Following eukaryotic genome replication, the two newly synthesised sister chromatids remain paired by the ring-shaped cohesin complex, enabling their faithful segregation to daughter cells during cell divisions. Cohesin topologically embraces DNA already before DNA replication, and replisome passage through the cohesin ring is thought of as a fail-safe mechanism ensuring that cohesin entraps both replication products. Whether replisomes indeed pass through cohesin rings remains unknown. Here, we use biochemical reconstitution4,8,9 and single molecule fluorescence microscopy to directly visualise replisome-cohesin encounters.
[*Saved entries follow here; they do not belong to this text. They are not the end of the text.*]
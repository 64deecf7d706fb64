-- ===== src/ThreadPool/Tests.antt =====
-- A caller that waits for room, and the theorem on its run.
use libanet.Common.{ℕ, ◌≡◌, refl, Bool, true, false, List, [], ◌∷◌, ◌++◌}
use libanet.ThreadPool.{
  ThreadPool, is_full, look_run, look_take, stop, runs, runs_on, takes, stops, Run, end, steps,
}
use libanet.ThreadPool.Looks.{Sound}
use libanet.ThreadPool.Runs.{tasks-Kept}

-- A pool with a queue of one task, with so many that wait for room, or were woken for it.
abbrev pool : ℕ → ℕ → Bool → List ℕ → ThreadPool
pool sleeping woken running queue = record {
  not_empty = record { sleeping = 0; woken = 0 };
  not_full = record { sleeping = sleeping; woken = woken };
  max_queue_size = 1;
  running = running;
  queue = queue;
}

abbrev before : ThreadPool
before = pool 0 0 true []

abbrev after : ThreadPool
after = pool 0 0 false []

waits_for_room : Run before (5 ∷ 6 ∷ []) (5 ∷ 6 ∷ []) after
unfolding is_full look_run look_take stop
waits_for_room =
    steps {r = record { state = pool 0 0 true (5 ∷ []); ins = 5 ∷ []; outs = [] }} (runs 5) (
      steps {r = record { state = pool 1 0 true (5 ∷ []); ins = []; outs = [] }} (runs 6) (
        steps {r = record { state = pool 0 1 true []; ins = []; outs = 5 ∷ [] }} takes (
          steps {r = record { state = pool 0 0 true (6 ∷ []); ins = 6 ∷ []; outs = [] }}
            (runs_on 6 0 refl)
            (steps {r = record { state = pool 0 0 false (6 ∷ []); ins = []; outs = [] }} stops (
              steps {r = record { state = pool 0 0 false []; ins = []; outs = 6 ∷ [] }} takes
                end)))))

tasks-Kept_example :
    (before.queue ++ (5 ∷ 6 ∷ []) ≡ (5 ∷ 6 ∷ []) ++ after.queue) × (Sound before → Sound after)
tasks-Kept_example = tasks-Kept before (5 ∷ 6 ∷ []) (5 ∷ 6 ∷ []) after waits_for_room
We find that the translocating eukaryotic replicative Cdc45-Mcm2-7-GINS (CMG) helicase is frequently an obstacle to cohesin, but that the likelihood with which CMG passes cohesin increases in the presence of replisome components with known sister chromatid cohesion functions, or by preventing cohesin from freely sliding along the template DNA. Cohesin retains topological DNA entrapment during CMG passage, suggesting that the helicase passes through the ring. The passage frequency increases further when fully reconstituted replisomes encounter cohesin rings, resulting in successful establishment of cohesion between the two replication products. Our findings demonstrate the existence of a simple mechanism that links genome replication with chromosome segregation, replisome passage through cohesin rings.